「エミヤ」
「エミヤ」
兄弟にそろって名前を呼ばれ、めずらしくエミヤは慌てふためいていた。呆れたような顔をしたランサー、むうと頬をふくらませたセタンタ。青いふたりの赤い瞳。鋼色の瞳はそれを見ながら、おろおろとどこか宙をさまよっている。
兄弟はそろって一歩、ずいと足を踏みだす。びくりとエミヤは後ずさった。
「なんでそんな怯えてるんだよエミヤ!」
「でかい声出すな、よけい怯えさせるだけだろ、ガキ。……だがなエミヤ、オレもこの意見には賛成だ」
「……あ。いや。その。怯えているわけでは、なくてだな」
「じゃあなんで逃げたんだよ!」
オレから!と地団太を踏むセタンタ。その頭を押さえこんで煙草を一吸い、ランサーは紫煙を吐きだす。とたんエミヤは顔をしかめた。これもめずらしい態度である。煙草のみのランサーがいくら煙草を吸おうが、注意こそすれ嫌な顔をすることはない。
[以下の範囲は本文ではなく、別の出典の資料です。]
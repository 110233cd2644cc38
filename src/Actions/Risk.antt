-- ===== src/Actions/Risk.antt =====
-- `flag_risky_action` of lineagelens-backend/app/services/agent_action_service.py. The searches by
-- regular expression are an argument.
use lineagelens.Prelude.{
  ℕ, String, Bool, true, false, not, ◌&&◌, ◌||◌, Option, none, some, List, [], ◌∷◌, ◌++◌, str_eq,
  ltb, if◌then◌else◌,
}
use text.Mathlib.Text.{starts_with}
use lineagelens.Actions.Arguments.{
  Json, Members, null, boolean, number, string, array, object, no_members, member, no_elements,
  element, get_member,
}

-- `re.search` of each pattern, and whether the text of a number is that of a zero.
pub record Searches : Type 0 where
  pub pipe_to_shell : String → Bool
  pub bash_process_sub : String → Bool
  pub mass_delete : String → Bool
  pub disk_operation : String → Bool
  pub privilege_escalation : String → Bool
  pub non_registry_source : String → Bool
  pub internal_ip : String → Bool
  pub is_zero : String → Bool

pub record RiskFlags : Type 0 where
  pub patterns : List String
  pub risk_level : String

-- `order.get(level, 0)`
abbrev pub order : String → ℕ
order level = if str_eq level "high" then 2 else if str_eq level "medium" then 1 else 0

-- `_upgrade`
unfoldable pub upgrade : String → String → String
upgrade new_level risk_level =
    if ltb (order risk_level) (order new_level) then new_level else risk_level

-- `patterns.append(…)` and `_upgrade(…)`, where the test succeeds.
unfoldable pub flag : Bool → String → String → RiskFlags → RiskFlags
unfolding upgrade
flag found pattern level flags =
    if found
    then record {
      patterns = flags.patterns ++ pattern ∷ [];
      risk_level = upgrade level flags.risk_level;
    }
    else flags

module _ (r : Searches) where
  -- The truth value of a JSON value.
  unfoldable pub is_truthy : Json → Bool
  is_truthy null = false
  is_truthy (boolean b) = b
  is_truthy (number n) = not (r.is_zero n)
  is_truthy (string t) = not (str_eq t "")
  is_truthy (array no_elements) = false
  is_truthy (array (element v vs)) = true
  is_truthy (object no_members) = false
  is_truthy (object (member k v ms)) = true

  -- `a or b`
  unfoldable pub or_json : Json → Json → Json
  unfolding is_truthy
  or_json a b = if is_truthy a then a else b

  -- The block under `isinstance(cmd, str)`.
  unfoldable pub flag_command : Json → RiskFlags → RiskFlags
  unfolding flag
  flag_command (string cmd) flags =
      flag (r.privilege_escalation cmd) "privilege_escalation" "medium" (
        flag (r.disk_operation cmd) "disk_operation" "high" (
          flag (r.mass_delete cmd) "mass_delete" "high" (
            flag (r.bash_process_sub cmd) "bash_process_sub" "high"
              (flag (r.pipe_to_shell cmd) "pipe_to_shell" "high" flags))))
  flag_command _ flags = flags

  unfoldable pub flag_shell : String → Members → RiskFlags → RiskFlags
  unfolding flag_command or_json get_member
  flag_shell action_type arguments flags =
      if str_eq action_type "shell" || str_eq action_type "dependency_install"
      then flag_command
          (or_json
            (or_json (get_member "command" (string "") arguments)
              (get_member "cmd" (string "") arguments))
            (string ""))
          flags
      else flags

  unfoldable pub flag_path : Json → RiskFlags → RiskFlags
  unfolding flag
  flag_path (string path) flags =
      flag (starts_with path "/" && not (starts_with path "/workspace")) "write_outside_workspace"
        "medium" flags
  flag_path _ flags = flags

  unfoldable pub flag_write : String → Members → RiskFlags → RiskFlags
  unfolding flag_path or_json get_member
  flag_write action_type arguments flags =
      if str_eq action_type "file_write"
      then flag_path
          (or_json
            (or_json (get_member "file_path" (string "") arguments)
              (get_member "path" (string "") arguments))
            (string ""))
          flags
      else flags

  -- `re.search` raises a `TypeError` on what is not a text: `none`.
  unfoldable pub flag_source : Json → RiskFlags → Option RiskFlags
  unfolding flag
  flag_source (string cmd) flags =
      some (flag (r.non_registry_source cmd) "non_registry_source" "medium" flags)
  flag_source _ flags = none

  unfoldable pub flag_install : String → Members → RiskFlags → Option RiskFlags
  unfolding flag_source or_json get_member
  flag_install action_type arguments flags =
      if str_eq action_type "dependency_install"
      then flag_source (or_json (get_member "command" (string "") arguments) (string "")) flags
      else some flags

  unfoldable pub flag_url : Json → RiskFlags → RiskFlags
  unfolding flag
  flag_url (string url) flags = flag (r.internal_ip url) "ssrf_risk" "medium" flags
  flag_url _ flags = flags

  unfoldable pub flag_network : String → Members → RiskFlags → RiskFlags
  unfolding flag_url or_json get_member
  flag_network action_type arguments flags =
      if str_eq action_type "network"
      then flag_url (or_json (get_member "url" (string "") arguments) (string "")) flags
      else flags

  abbrev pub reported : RiskFlags → Option RiskFlags
  reported flags = elim flags.patterns [ [] ↦ none | p ∷ patterns ↦ some flags ]

  -- `none` where it raises, `some none` where it returns `None`.
  unfoldable pub flag_risky_action : String → Option Members → Option (Option RiskFlags)
  unfolding flag_shell flag_write flag_install flag_network
  flag_risky_action action_type none = some none
  flag_risky_action action_type (some no_members) = some none
  flag_risky_action action_type (some (member k v ms)) =
      let arguments = member k v ms in
      let unflagged : RiskFlags = record { patterns = []; risk_level = "low" } in
      elim (flag_install action_type arguments
        (flag_write action_type arguments (flag_shell action_type arguments unflagged))) [
          | none ↦ none
          | some flags ↦ some (reported (flag_network action_type arguments flags))
        ]
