-- ===== src/Actions/Ledger.antt =====
-- The rows of the ledger: `compute_action_hash`, `record_action` and `record_actions_batch` of
-- lineagelens-backend/app/services/agent_action_service.py. Moments are in their ISO form.
use lineagelens.Prelude.{
  ℕ, suc, String, Bool, true, false, ◌&&◌, Option, none, some, List, [], ◌∷◌, ◌++◌, str_eq,
  if◌then◌else◌, filter, get_last?,
}
use lineagelens.Attestation.{text_or}
use lineagelens.Actions.Arguments.{Members, no_members, bound_arguments}
use lineagelens.Actions.Risk.{Searches, RiskFlags, flag_risky_action}

-- `AgentActionItem`
pub record AgentActionItem : Type 0 where
  pub action_type : String
  pub tool_name : String
  pub arguments : Option Members
  pub occurred_at : String
  pub agent_identity : Option String
  pub human_principal : Option String
  pub mandate_ref : Option String
  pub capability : Option String

-- A row of `agent_actions`.
pub record AgentAction : Type 0 where
  pub workspace_id : String
  pub session_key : String
  pub prompt_context_id : Option String
  pub action_type : String
  pub tool_name : String
  pub arguments_json : Option Members
  pub risk_flags_json : Option RiskFlags
  pub agent_identity : Option String
  pub human_principal : Option String
  pub mandate_ref : Option String
  pub capability : Option String
  pub authority_state : String
  pub record_hash : Option String
  pub prev_hash : Option String
  pub occurred_at : String

-- The dict that is serialised, with `or ""` applied.
pub record Canonical : Type 0 where
  pub workspace_id : String
  pub session_key : String
  pub action_type : String
  pub tool_name : String
  pub arguments_json : Members
  pub occurred_at : String
  pub prev_hash : String
  pub agent_identity : String
  pub human_principal : String
  pub mandate_ref : String
  pub capability : String
  pub authority_state : String

-- What the ledger takes from elsewhere.
pub record Outside : Type 0 where
  -- `sha256(json.dumps(…).encode()).hexdigest()`
  pub sha256_dumps : Canonical → String
  pub dumps_length : Members → Option ℕ
  pub searches : Searches
  -- `fromisoformat` of the text with `Z` replaced, then `isoformat`; `none` where it raises.
  pub read_moment : String → Option String
  -- The clock at this action, in ISO form.
  pub now_iso : AgentActionItem → String
  -- What the column `occurred_at` gives back of a moment, in ISO form: the offset may be another.
  pub stored_moment : String → String
  -- Whether the database accepts a row.
  pub accepts : AgentAction → Bool

-- How an attempt to record an action ends: an exception before `session.flush()`, one in it, or the
-- row and the table with it.
pub data Attempt : Type 0 where
  raised flush_failed : Attempt
  added : AgentAction → List AgentAction → Attempt

-- `{}` for no arguments.
abbrev pub or_empty : Option Members → Members
or_empty none = no_members
or_empty (some ms) = ms

unfoldable pub authority_of : Option String → String
authority_of mandate_ref = if str_eq (text_or mandate_ref "") "" then "unmandated" else "mandated"

module _ (o : Outside) where
  -- `compute_action_hash` on the columns of a row.
  unfoldable pub compute_action_hash : AgentAction → String
  compute_action_hash r = o.sha256_dumps record {
    workspace_id = r.workspace_id;
    session_key = r.session_key;
    action_type = r.action_type;
    tool_name = r.tool_name;
    arguments_json = or_empty r.arguments_json;
    occurred_at = r.occurred_at;
    prev_hash = text_or r.prev_hash "";
    agent_identity = text_or r.agent_identity "";
    human_principal = text_or r.human_principal "";
    mandate_ref = text_or r.mandate_ref "";
    capability = text_or r.capability "";
    authority_state = text_or (some r.authority_state) "";
  }

  unfoldable pub moment_of : AgentActionItem → String
  moment_of action = elim (o.read_moment action.occurred_at) [
    | none ↦ o.now_iso action
    | some t ↦ t
  ]

  -- The row before it has its hash.
  unfoldable pub unhashed_row :
      String
      → String
      → Option String
      → AgentActionItem
      → Option Members
      → Option RiskFlags
      → Option String
      → AgentAction
  unfolding moment_of authority_of
  unhashed_row workspace_id session_key prompt_context_id action args risk prev_hash = record {
    workspace_id = workspace_id;
    session_key = session_key;
    prompt_context_id = prompt_context_id;
    action_type = action.action_type;
    tool_name = action.tool_name;
    arguments_json = args;
    risk_flags_json = risk;
    agent_identity = action.agent_identity;
    human_principal = action.human_principal;
    mandate_ref = action.mandate_ref;
    capability = action.capability;
    authority_state = authority_of action.mandate_ref;
    record_hash = none;
    prev_hash = prev_hash;
    occurred_at = moment_of action;
  }

  abbrev pub hashed : AgentAction → AgentAction
  hashed r = record r { record_hash = some (compute_action_hash r) }

  abbrev pub as_stored : AgentAction → AgentAction
  as_stored r = record r { occurred_at = o.stored_moment r.occurred_at }

  -- `record_action` in a session that is active or not, on the rows of its transaction. The audit
  -- log, which never raises, is left out.
  unfoldable pub record_action :
      String
      → String
      → Option String
      → AgentActionItem
      → Option String
      → Bool
      → List AgentAction
      → Attempt
  unfolding unhashed_row compute_action_hash flag_risky_action bound_arguments
  record_action workspace_id session_key prompt_context_id action prev_hash is_active rows =
      let args = bound_arguments o.dumps_length action.arguments in
      elim (flag_risky_action o.searches action.action_type args) [
        | none ↦ raised
        | some risk ↦
            let row = hashed (
              unhashed_row workspace_id session_key prompt_context_id action args risk prev_hash) in
            if is_active && o.accepts row
            then added row (rows ++ as_stored row ∷ [])
            else flush_failed
      ]

  -- The rows of a session, in the order of their ids.
  abbrev pub in_session : String → String → AgentAction → Bool
  in_session workspace_id session_key r =
      str_eq r.workspace_id workspace_id && str_eq r.session_key session_key

  -- `tail_result.scalar_one_or_none()`
  unfoldable pub tail_hash : String → String → List AgentAction → Option String
  tail_hash workspace_id session_key rows =
      elim (get_last? (filter (in_session workspace_id session_key) rows)) [
        | none ↦ none
        | some r ↦ r.record_hash
      ]

  -- The rows of the transaction and the variables of the loop. A flush that fails rolls the
  -- transaction back, and the session is not active then: it refuses each later flush, and the commit.
  pub record Batch : Type 0 where
    pub rows : List AgentAction
    pub recorded : ℕ
    pub skipped : ℕ
    pub is_active : Bool

  -- `for action in actions: try: … except Exception: …`
  unfoldable pub record_actions :
      String → String → Option String → List AgentActionItem → Option String → Batch → Batch
  unfolding record_action
  record_actions workspace_id session_key prompt_context_id [] prev_hash batch = batch
  record_actions workspace_id session_key prompt_context_id (action ∷ actions) prev_hash batch =
      elim (record_action workspace_id session_key prompt_context_id action prev_hash
        batch.is_active batch.rows) [
          | raised ↦
              record_actions workspace_id session_key prompt_context_id actions prev_hash
                (record batch { skipped = suc batch.skipped })
          | flush_failed ↦
              record_actions workspace_id session_key prompt_context_id actions prev_hash
                (record batch { skipped = suc batch.skipped; is_active = false })
          | added row rows ↦
              record_actions workspace_id session_key prompt_context_id actions row.record_hash
                (record batch { rows = rows; recorded = suc batch.recorded })
        ]

  unfoldable pub record_actions_batch :
      String → String → Option String → List AgentActionItem → List AgentAction → Batch
  unfolding record_actions tail_hash
  record_actions_batch workspace_id session_key prompt_context_id actions rows =
      record_actions workspace_id session_key prompt_context_id actions
        (tail_hash workspace_id session_key rows)
        (record { rows = rows; recorded = 0; skipped = 0; is_active = true })

  -- The route `ingest_agent_actions` once access is granted: its answer, `none` where the commit
  -- raises, and the table after it.
  unfoldable pub ingest_agent_actions :
      String
      → String
      → Option String
      → List AgentActionItem
      → List AgentAction
      → Option (ℕ × ℕ) × List AgentAction
  unfolding record_actions_batch
  ingest_agent_actions workspace_id session_key prompt_context_id [] rows = (some (0, 0), rows)
  ingest_agent_actions workspace_id session_key prompt_context_id (action ∷ actions) rows =
      let batch =
        record_actions_batch workspace_id session_key prompt_context_id (action ∷ actions) rows in
      if batch.is_active then (some (batch.recorded, batch.skipped), batch.rows) else (none, rows)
ランサーもそれをわかってか、エミヤよ、ともう一度名前を呼ぶ。煙草はぐしゃりと手で握りつぶした。そろそろ携帯灰皿を持て、と、誰も煙草を吸わない邸宅にランサー用の灰皿を用意しているエミヤはなにも言わなかった。
ただ、腕の中の存在をぎゅうと抱きしめる。
「エミヤ!」
「―――――…………」
沈黙。セタンタに、エミヤが、言葉を返さない。
驚天動地。
絶句するセタンタ。ほう、という顔をするランサー。エミヤはいたたまれないようにうつむいた。その顔は、耳まで赤い。
「そんなにそいつが大事か?」
体を震わせるエミヤ。顔を上げようとするが、か細い鳴き声に気を取られて上げることが出来ない。あ、あ、と同じくか細い声を上げ、エミヤは完全に困りきっていた。
その腕の中には、小さな三毛猫がいた。
目を細めるとランサーは、頭を掻いて軽く嘆息する。やれやれといった顔つきだ。彼にしてはめずらしい。今日はめずらしいことだらけである。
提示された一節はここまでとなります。